## [Input material]
━━━
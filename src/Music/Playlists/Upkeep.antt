-- ===== src/Music/Playlists/Upkeep.antt =====
-- The invariant of the tables of features/music/playlist_repository.py, and what get reads of them.
use cywl_oopz.Prelude.{
  nat_eq, list_eq, ◌==◌, ℕ, ◌≡◌, false, not, ◌||◌, List, [], ◌∷◌, ◌++◌, map, arith, ltb, leb,
  nat_beq, length, any, All, keep, count, Result, ok, err, Bool-cases, Option-cases, inl, inr,
}
use cywl_oopz.Prelude.Text.{Text}
use cywl_oopz.Music.Models.{MusicTrack}
use cywl_oopz.Music.Playlists.Rows
use cywl_oopz.Music.Playlists.Tables.{is_named, PlaylistError, PlaylistRow, Tables, is_of}
use cywl_oopz.Music.Playlists.Rows.{
  renamed, is_taken, new_playlist, touch, new_track, enumerate, without, close_gap, is_entry,
  find_position, find_playlist, order_by_position,
}
use cywl_oopz.Music.Playlists.Shelf.{
  Change, creates, imports, appends, removes, renames, deletes, clears, change, tables_of,
}
use cywl_oopz.Music.Playlists.Numbering.{Unseen}
use cywl_oopz.Music.Playlists.Rearranged.{
  IsOrderly, IsDrawn, appended-IsOrderly, imported-IsOrderly, emptied-IsOrderly, removed-IsOrderly,
}

abbrev pub Kept : ℕ → Result PlaylistError Tables → Type 0
Kept limit (ok t) = IsOrderly limit t
Kept limit (err e) = Unit

same_tracks :
    (limit : ℕ) (t : Tables) (ps : List PlaylistRow)
    → IsOrderly limit t
    → IsOrderly limit (record t { playlists = ps })
same_tracks limit t ps o = record {
  numbered = o.numbered;
  distinct = o.distinct;
  within = o.within;
}

append-Kept :
    (limit now entry_id : ℕ) (area : Text) (id : ℕ) (track : MusicTrack) (by : Text) (t : Tables)
    → IsOrderly limit t
    → Unseen entry_id t.tracks
    → Kept limit (tables_of (Rows.append now entry_id area id track by limit t))
unfolding Rows.append
append-Kept limit now entry_id area id track by t o u =
    elim (Option-cases (find_playlist area id t.playlists)) [
      | inl missing ↦ rw missing tt
      | inr (p, found) ↦ rw found elim (Bool-cases (leb limit (count (is_of id) t.tracks))) [
        | inl full ↦ rw full tt
        | inr room ↦ rw room (
            appended-IsOrderly limit now entry_id id track by t (map (touch now id) t.playlists) o u
              (ground arith))
      ]
    ]

remove-Kept :
    (limit now : ℕ) (area : Text) (id entry_id : ℕ) (t : Tables)
    → IsOrderly limit t
    → Kept limit (tables_of (Rows.remove now area id entry_id t))
unfolding Rows.remove
remove-Kept limit now area id entry_id t o =
    elim (Option-cases (find_playlist area id t.playlists)) [
      | inl missing ↦ rw missing tt
      | inr (p, found) ↦ rw found elim (Option-cases (find_position id entry_id t.tracks)) [
        | inl absent ↦ rw absent o
        | inr (position, present) ↦ rw present (
            removed-IsOrderly limit id entry_id position t (map (touch now id) t.playlists) o
              present)
      ]
    ]

imports-Kept :
    (limit now id : ℕ) (ids : ℕ → ℕ) (area name normalized : Text) (tracks : List MusicTrack)
    (by : Text) (t : Tables)
    → IsOrderly limit t
    → All (λ r. is_of id r ≡ false) t.tracks
    → ((i : ℕ) → Unseen (ids i) t.tracks)
    → ((i j : ℕ) → ids i ≡ ids j → i ≡ j)
    → Kept limit
        (tables_of (Rows.create_with_tracks now id ids area name normalized tracks by limit t))
unfolding Rows.create_with_tracks
imports-Kept limit now id ids area name normalized tracks by t o unused unseen injective =
    let ps = t.playlists ++ new_playlist now id area name normalized by ∷ [] in
    elim (Bool-cases (ltb limit (length tracks))) [
      | inl long ↦ rw long tt
      | inr fits ↦ rw fits elim (Bool-cases (any (is_named area normalized) t.playlists)) [
        | inl taken ↦ rw taken tt
        | inr free ↦ rw free (
            imported-IsOrderly limit now id ids tracks by t ps o unused unseen injective
              (ground arith))
      ]
    ]

rename-Kept :
    (limit now : ℕ) (area : Text) (id : ℕ) (name normalized : Text) (t : Tables)
    → IsOrderly limit t
    → Kept limit (tables_of (Rows.rename now area id name normalized t))
unfolding Rows.rename
rename-Kept limit now area id name normalized t o =
    elim (Option-cases (find_playlist area id t.playlists)) [
      | inl missing ↦ rw missing tt
      | inr (p, found) ↦
          rw found
            elim (Bool-cases
              (not (not (p.name == name) || not (p.normalized_name == normalized)))) [
                | inl same ↦ rw same o
                | inr changed ↦
                    rw changed elim (Bool-cases (any (is_taken id area normalized) t.playlists)) [
                      | inl taken ↦ rw taken tt
                      | inr free ↦
                          rw free (
                            same_tracks limit t (map (renamed now id name normalized) t.playlists)
                              o)
                    ]
              ]
    ]

delete-Kept :
    (limit : ℕ) (area : Text) (id : ℕ) (t : Tables)
    → IsOrderly limit t
    → IsOrderly limit (Rows.delete area id t).1
unfolding Rows.delete
delete-Kept limit area id t o = elim (Option-cases (find_playlist area id t.playlists)) [
  | inl missing ↦ rw missing o
  | inr (p, found) ↦ rw found (
      emptied-IsOrderly limit id t (keep (λ (q : PlaylistRow). not (nat_beq q.id id)) t.playlists)
        o)
]

clear-Kept :
    (limit now : ℕ) (area : Text) (id : ℕ) (t : Tables)
    → IsOrderly limit t
    → Kept limit (tables_of (Rows.clear now area id t))
unfolding Rows.clear
clear-Kept limit now area id t o = elim (Option-cases (find_playlist area id t.playlists)) [
  | inl missing ↦ rw missing tt
  | inr (p, found) ↦ rw found (emptied-IsOrderly limit id t (map (touch now id) t.playlists) o)
]

create-Kept :
    (limit now id : ℕ) (area name normalized by : Text) (t : Tables)
    → IsOrderly limit t
    → Kept limit (tables_of (Rows.create now id area name normalized by t))
unfolding Rows.create
create-Kept limit now id area name normalized by t o =
    elim (Bool-cases (any (is_named area normalized) t.playlists)) [
      | inl taken ↦ rw taken tt
      | inr free ↦
          rw free (
            same_tracks limit t (t.playlists ++ new_playlist now id area name normalized by ∷ []) o)
    ]

pub change-Kept :
    (limit : ℕ) (c : Change) (t : Tables)
    → IsDrawn limit c t
    → IsOrderly limit t
    → Kept limit (change c t)
unfolding change
change-Kept limit (creates now id area name normalized by) t d o =
    create-Kept limit now id area name normalized by t o
change-Kept limit (imports now id ids area name normalized tracks by max_tracks) t d o =
    rw d.3 (imports-Kept limit now id ids area name normalized tracks by t o d.0 d.1 d.2)
change-Kept limit (appends now entry_id area id track by max_tracks) t d o =
    rw d.1 (append-Kept limit now entry_id area id track by t o d.0)
change-Kept limit (removes now area id entry_id) t d o = remove-Kept limit now area id entry_id t o
change-Kept limit (renames now area id name normalized) t d o =
    rename-Kept limit now area id name normalized t o
change-Kept limit (deletes area id) t d o = delete-Kept limit area id t o
change-Kept limit (clears now area id) t d o = clear-Kept limit now area id t o
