-- ===== src/Music/Playlists/Orderly.antt =====
-- The invariant of the tables of features/music/playlist_repository.py, and what get reads of them.
use mathlib.Core.Option
use cywl_oopz.Prelude.{
  nat_eq, list_eq, refl, ℕ, ◌≡◌, List, [], ◌∷◌, map, Option, none, some, arith, keep, Result, ok,
  err, Option-cases, inl, inr,
}
use cywl_oopz.Prelude.Text.{Text}
use cywl_oopz.Music.Playlists.Rows
use cywl_oopz.Music.Playlists.Tables.{PlaylistError, Tables, MusicPlaylist, is_of}
use cywl_oopz.Music.Playlists.Rows.{
  renamed, is_taken, new_playlist, touch, new_track, enumerate, without, close_gap, is_entry,
  find_position, find_playlist, order_by_position,
}
use cywl_oopz.Music.Playlists.Shelf.{Album, Change, change, shelf, find_album, entry_of}
use cywl_oopz.Music.Playlists.Numbering
use cywl_oopz.Music.Playlists.Numbering.{Numbered, Unseen, Distinct}
use cywl_oopz.Music.Playlists.Contents.{find-album}
use cywl_oopz.Music.Playlists.Rearranged.{IsOrderly, IsDrawn}
use cywl_oopz.Music.Playlists.Upkeep.{Kept, change-Kept}

-- A change that raises is rolled back.
abbrev pub committed : Tables → Result PlaylistError Tables → Tables
committed t (ok later) = later
committed t (err e) = t

unfoldable pub run : Tables → List Change → Tables
unfolding change
run t [] = t
run t (c ∷ changes) = run (committed t (change c t)) changes

-- Each change draws identities that are new where it is made.
abbrev pub AllDrawn : ℕ → Tables → List Change → Type 0
AllDrawn limit t [] = Unit
AllDrawn limit t (c ∷ changes) =
    IsDrawn limit c t × AllDrawn limit (committed t (change c t)) changes

committed-IsOrderly :
    (limit : ℕ) (t : Tables) (r : Result PlaylistError Tables)
    → IsOrderly limit t
    → Kept limit r
    → IsOrderly limit (committed t r)
committed-IsOrderly limit t (ok later) o k = k
committed-IsOrderly limit t (err e) o k = o

Orderly-run :
    (limit : ℕ) (t : Tables) (changes : List Change)
    → AllDrawn limit t changes
    → IsOrderly limit t
    → IsOrderly limit (run t changes)
unfolding run
Orderly-run limit t [] d o = o
Orderly-run limit t (c ∷ changes) d o =
    Orderly-run limit (committed t (change c t)) changes d.1
      (committed-IsOrderly limit t (change c t) o (change-Kept limit c t d.0 o))

abbrev pub no_tables : Tables
no_tables = record { playlists = []; tracks = [] }

-- After any changes of empty tables, each drawing new identities, every playlist has at most
-- max_tracks entries, at the positions 1, 2 and so on without a gap, and no two entries have one
-- identity.
pub run-IsOrderly :
    (limit : ℕ) (changes : List Change)
    → AllDrawn limit no_tables changes
    → IsOrderly limit (run no_tables changes)
run-IsOrderly limit changes d =
    Orderly-run limit no_tables changes d
      (record { numbered = λ id. tt; distinct = tt; within = λ id. omega arith })

-- The album that a loaded playlist shows.
abbrev pub shown : MusicPlaylist → Album
shown p = record {
  id = p.id;
  area_id = p.area_id;
  name = p.name;
  normalized_name = p.normalized_name;
  entries = map entry_of p.entries;
}

abbrev pub InPlace : Option MusicPlaylist → Type 0
InPlace none = Unit
InPlace (some p) = Numbered 1 p.entries

-- Where every playlist is numbered, get loads the album of the shelf, its entries in order and at
-- the positions 1, 2 and so on, or nothing where the area has no such playlist.
pub get-shelf :
    (limit : ℕ) (area : Text) (id : ℕ) (t : Tables)
    → IsOrderly limit t
    → (Option.map shown (Rows.get area id t) ≡ find_album area id (shelf t))
      × InPlace (Rows.get area id t)
unfolding Rows.get
get-shelf limit area id t o =
    rw (find-album area id t.tracks t.playlists)
      (elim (Option-cases (find_playlist area id t.playlists)) [
        | inl missing ↦ rw missing (refl, tt)
        | inr (p, found) ↦
            rw (found, Numbering.order-Numbered 1 (keep (is_of p.id) t.tracks) (o.numbered p.id))
              (refl, o.numbered p.id)
      ])
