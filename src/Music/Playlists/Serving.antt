-- ===== src/Music/Playlists/Serving.antt =====
-- What features/music/playlists.py makes of a stored playlist: the queue that it loads.
use cywl_oopz.Prelude.Text.{strip, Text}
use cywl_oopz.Prelude.{
  suc, ◌∙◌, inr, Result-cases, Option-cases, some, inl, Bool-cases, ap, ◌+◌, Option, refl, ℕ, ◌≡◌,
  arith, List, [], ◌∷◌, map, length, Result, ok, err,
}
use cywl_oopz.Music.Models.{
  QueuedTrack, MusicError, QueueRebuildResult, VoiceChannelKey, MusicTrack,
}
use cywl_oopz.Music.Session.{MusicSession}
use cywl_oopz.Music.Requests.{Surroundings, reserve_voice, start_worker}
use cywl_oopz.Music.Controls.{replace_queue}
use cywl_oopz.Music.Playlists.Rows
use cywl_oopz.Music.Playlists.Tables.{MusicPlaylist, Tables, TrackRow}
use cywl_oopz.Music.Playlists.Shelf.{Album, Entry, shelf, find_album, entry_of}
use cywl_oopz.Music.Playlists.Rearranged.{IsOrderly}
use cywl_oopz.Music.Playlists.Orderly.{shown, get-shelf}
use cywl_oopz.Music.Playlists.Service
use cywl_oopz.Music.Playlists.Service.{
  queued_tracks, loaded, load_found, load, tracks_of, has_no_tracks, area_id, ActorContext,
  PlaylistQueueLoad,
}

pub replace_queue-ok :
    (limit : ℕ) (env : Surroundings) (channel : VoiceChannelKey) (items : List QueuedTrack)
    (s s' : MusicSession) (r : QueueRebuildResult) (stopped : Option ℕ)
    → replace_queue limit env channel items s ≡ (ok (r, stopped), s')
    → (s'.queue ≡ items) × (r.loaded_count ≡ length items)
unfolding replace_queue reserve_voice start_worker
replace_queue-ok limit env channel [] s s' r stopped e = ground (arith, e)
replace_queue-ok limit env channel (item ∷ rest) s s' r stopped e = ground (arith, e)

tracks-queued_tracks :
    (ids : ℕ → ℕ) (by : Text) (n : ℕ) (tracks : List MusicTrack)
    → map (λ (q : QueuedTrack). q.track) (queued_tracks ids by n tracks) ≡ tracks
unfolding queued_tracks
tracks-queued_tracks ids by n [] = refl
tracks-queued_tracks ids by n (track ∷ tracks) =
    ground (arith, tracks-queued_tracks ids by (n + 1) tracks)

length-queued_tracks :
    (ids : ℕ → ℕ) (by : Text) (n : ℕ) (tracks : List MusicTrack)
    → length (queued_tracks ids by n tracks) ≡ length tracks
unfolding queued_tracks
length-queued_tracks ids by n [] = refl
length-queued_tracks ids by n (track ∷ tracks) =
    ground (arith, length-queued_tracks ids by (n + 1) tracks)

tracks-entries :
    (rows : List TrackRow)
    → map (λ (r : TrackRow). r.track) rows ≡ map (λ (e : Entry). e.1) (map entry_of rows)
tracks-entries [] = refl
tracks-entries (r ∷ rows) = ap (r.track ∷◌) (tracks-entries rows)

length-entries :
    (rows : List TrackRow)
    → length (map (λ (r : TrackRow). r.track) rows) ≡ length (map entry_of rows)
length-entries [] = refl
length-entries (r ∷ rows) = ap suc (length-entries rows)

loaded-ok :
    (p : MusicPlaylist) (r : Result MusicError (QueueRebuildResult × Option ℕ) × MusicSession)
    (outcome : PlaylistQueueLoad) (stopped : Option ℕ) (s' : MusicSession)
    → loaded p r ≡ (ok (outcome, stopped), s')
    → (r ≡ (ok (outcome.queue, stopped), s')) × (outcome.playlist_id ≡ p.id)
loaded-ok p (ok (queue, stop), s) outcome stopped s' e = ground (arith, e)
loaded-ok p (err problem, s) outcome stopped s' e = ground (arith, e)

load_found-ok :
    (limit : ℕ) (env : Surroundings) (channel : VoiceChannelKey) (ids : ℕ → ℕ) (by : Text)
    (s s' : MusicSession) (p : MusicPlaylist) (outcome : PlaylistQueueLoad) (stopped : Option ℕ)
    → load_found limit env channel ids by s (ok p) ≡ (ok (outcome, stopped), s')
    → (map (λ (q : QueuedTrack). q.track) s'.queue ≡ tracks_of p)
      × (outcome.queue.loaded_count ≡ length (tracks_of p))
      × (outcome.playlist_id ≡ p.id)
load_found-ok limit env channel ids by s s' p outcome stopped e =
    elim (Bool-cases (has_no_tracks (tracks_of p))) [
      | inl none_left ↦ ground (arith, e, none_left)
      | inr some_left ↦
          let items = queued_tracks ids by 0 (tracks_of p) in
          let (called, same) =
            loaded-ok p (replace_queue limit env channel items s) outcome stopped s'
              (ground (arith, e, some_left)) in
          let (queued, counted) =
            replace_queue-ok limit env channel items s s' outcome.queue stopped called in
          (
            rw queued (tracks-queued_tracks ids by 0 (tracks_of p)),
            counted ∙ length-queued_tracks ids by 0 (tracks_of p),
            same,
          )
    ]

get-ok :
    (identity : ActorContext) (id : ℕ) (t : Tables) (p : MusicPlaylist)
    → Service.get identity id t ≡ ok p
    → Rows.get (strip identity.conversation.area_id) id t ≡ some p
unfolding Service.get area_id
get-ok identity id t p e =
    elim (Option-cases (Rows.get (strip identity.conversation.area_id) id t)) [
      | inl missing ↦ ground (arith, e, missing)
      | inr (q, found) ↦ ground (arith, e, found)
    ]

-- Where every playlist is numbered, a load that succeeds is of an album of the caller's area, and
-- leaves the tracks of that album, in its order, as the queue of the session.
pub load-queue :
    (limit max_queue_length : ℕ) (env : Surroundings) (channel : VoiceChannelKey) (ids : ℕ → ℕ)
    (identity : ActorContext) (id : ℕ) (t : Tables) (s s' : MusicSession)
    (outcome : PlaylistQueueLoad) (stopped : Option ℕ)
    → IsOrderly limit t
    → load max_queue_length env channel ids identity id t s ≡ (ok (outcome, stopped), s')
    → (a : Album) × (find_album (strip identity.conversation.area_id) id (shelf t) ≡ some a)
      × (map (λ (q : QueuedTrack). q.track) s'.queue ≡ map (λ (e : Entry). e.1) a.entries)
      × (outcome.queue.loaded_count ≡ length a.entries)
unfolding load
load-queue limit max_queue_length env channel ids identity id t s s' outcome stopped o e =
    elim (Result-cases (Service.get identity id t)) [
      | inl (p, found) ↦
          let (queued, counted, same) =
            load_found-ok max_queue_length env channel ids identity.person_id s s' p outcome stopped
              (ground (arith, e, found)) in
          (
            shown p,
            ground (
              arith,
              (get-shelf limit (strip identity.conversation.area_id) id t o).0,
              get-ok identity id t p found,
            ),
            queued ∙ tracks-entries p.entries,
            counted ∙ length-entries p.entries,
          )
      | inr (problem, failed) ↦ ground (arith, e, failed)
    ]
━━━
## [Task description]
Please return the lines above that run from the line containing "(outcome : PlaylistQueueLoad) (stopped : Option ℕ) (s'" to the line containing "p) ≡ (ok (outcome, stopped), s')", inclusive, exactly and with no other lines.

## [Completed task]
    (outcome : PlaylistQueueLoad) (stopped : Option ℕ) (s' : MusicSession)
    → loaded p r ≡ (ok (outcome, stopped), s')
    → (r ≡ (ok (outcome.queue, stopped), s')) × (outcome.playlist_id ≡ p.id)
loaded-ok p (ok (queue, stop), s) outcome stopped s' e = ground (arith, e)
loaded-ok p (err problem, s) outcome stopped s' e = ground (arith, e)

load_found-ok :
    (limit : ℕ) (env : Surroundings) (channel : VoiceChannelKey) (ids : ℕ → ℕ) (by : Text)
    (s s' : MusicSession) (p : MusicPlaylist) (outcome : PlaylistQueueLoad) (stopped : Option ℕ)
    → load_found limit env channel ids by s (ok p) ≡ (ok (outcome, stopped), s')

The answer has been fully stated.